[[ STUDY MATERIAL, beginning ]]

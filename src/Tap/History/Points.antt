-- ===== src/Tap/History/Points.antt =====
-- pour_history.cpp, `history_observe`: the points that a recording holds.
use keg_scale_espdisplay.Prelude.{
  ℕ, zero, suc, ◌+◌, ◌-◌, ◌≤◌, ◌<◌, ◌≡◌, refl, ◌⊎◌, inl, inr, true, false, ◌||◌, Option, none, some,
  List, [], ◌∷◌, arith, ltb, Bool-cases, length, get_elem?, set, length-append, length-set, last_or,
  last_or-append,
}
use keg_scale_espdisplay.Tap.History.{
  max_points, PourPoint, History, Observation, point_of, put_point, add_point, begin_recording,
  end_recording, history_observe,
}

-- The recording holds `count` points, at least one and at most 242.
abbrev pub Filled : History → Type 0
Filled h =
    (h.pending.count ≡ length h.points) × (0 < length h.points) × (length h.points ≤ max_points)

-- A recording and a save exclude each other, and both have their points.
pub record WellFormed (h : History) : Type 0 where
  pub one : (h.recording ≡ false) ⊎ (h.saving ≡ false)
  pub filled : (h.recording ≡ true) ⊎ (h.saving ≡ true) → Filled h

set_last :
    (xs : List PourPoint) (n : ℕ) (x : PourPoint)
    → length xs ≡ n + 1
    → last_or none (set xs n x) ≡ some x
set_last xs n x e = go none xs n e
  where
    go :
        (o : Option PourPoint) (xs : List PourPoint) (n : ℕ)
        → length xs ≡ n + 1
        → last_or o (set xs n x) ≡ some x
    go o [] n e = absurd (omega arith)
    go o (y ∷ []) zero e = refl
    go o (y ∷ z ∷ ys) zero e = absurd (omega arith)
    go o (y ∷ ys) (suc n) e = go (some y) ys n (omega arith)

put_point_lem :
    (row : PourPoint) (points : List PourPoint)
    → length points ≤ max_points
    → (last_or none (put_point row points) ≡ some row)
      × (0 < length (put_point row points))
      × (length (put_point row points) ≤ max_points)
unfolding put_point
put_point_lem row points h = ground (
  arith,
  set_last points (max_points - 1) row,
  length-set points (max_points - 1) row,
  length-append points (row ∷ []),
  last_or-append none points row,
)

pub add_point-Filled :
    (o : Observation) (h : History)
    → length h.points ≤ max_points
    → Filled (add_point o h) × (last_or none (add_point o h).points ≡ some (point_of o h))
unfolding add_point
add_point-Filled o h n = let l = put_point_lem (point_of o h) h.points n in ((refl, l.1, l.2), l.0)

abbrev pub pressed : Observation → History → History
pressed o h = record h { pending_button = h.pending_button || o.button }

module _ (o : Observation) (h : History) where
  observe_cases :
      (history_observe o h ≡ h)
      ⊎ ((h.recording ≡ false)
          × (h.saving ≡ false)
          × (history_observe o h ≡ add_point o (begin_recording o h)))
      ⊎ ((h.recording ≡ true)
          × (h.saving ≡ false)
          × ((history_observe o h ≡ pressed o h)
              ⊎ ((history_observe o h ≡ add_point o (pressed o h))
                  ⊎ (history_observe o h ≡ end_recording o (add_point o (pressed o h))))))
  unfolding history_observe
  observe_cases = ground arith

  pub history_observe-WellFormed : WellFormed h → WellFormed (history_observe o h)
  unfolding add_point begin_recording end_recording
  history_observe-WellFormed w = elim observe_cases [
    | inl e ↦ rw e w
    | inr (inl (r, s, e)) ↦ rw e (
        let f = add_point-Filled o (begin_recording o h) (omega arith) in
        record { one = inr s; filled = λ _. f.0 })
    | inr (inr (r, s, inl e)) ↦ rw e (record { one = inr s; filled = λ _. w.filled (inl r) })
    | inr (inr (r, s, inr (inl e))) ↦ rw e (
        let f = add_point-Filled o (pressed o h) ((w.filled (inl r)).2) in
        record { one = inr s; filled = λ _. f.0 })
    | inr (inr (r, s, inr (inr e))) ↦ rw e (
        let f = add_point-Filled o (pressed o h) ((w.filled (inl r)).2) in
        record { one = inl refl; filled = λ _. f.0 })
  ]

pub put_point-first :
    (row x : PourPoint) (points : List PourPoint)
    → get_elem? points 0 ≡ some x
    → get_elem? (put_point row points) 0 ≡ some x
unfolding put_point
put_point-first row x [] e = absurd (ground (arith, e))
put_point-first row x (y ∷ ys) e = elim (Bool-cases (ltb (length (y ∷ ys)) max_points)) [
  | inl f ↦ rw f e
  | inr f ↦ rw f e
]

[[ STUDY MATERIAL, end ]]

**EXERCISE DIRECTIONS:**
Return, please, every line from the one that contains "s, inr (inr" through the final line of the listing, exactly, and no others.

**WORKED SOLUTION:**
    | inr (inr (r, s, inr (inr e))) ↦ rw e (
        let f = add_point-Filled o (pressed o h) ((w.filled (inl r)).2) in
        record { one = inl refl; filled = λ _. f.0 })
  ]

pub put_point-first :
    (row x : PourPoint) (points : List PourPoint)
    → get_elem? points 0 ≡ some x
    → get_elem? (put_point row points) 0 ≡ some x
unfolding put_point
put_point-first row x [] e = absurd (ground (arith, e))
put_point-first row x (y ∷ ys) e = elim (Bool-cases (ltb (length (y ∷ ys)) max_points)) [
  | inl f ↦ rw f e
  | inr f ↦ rw f e
]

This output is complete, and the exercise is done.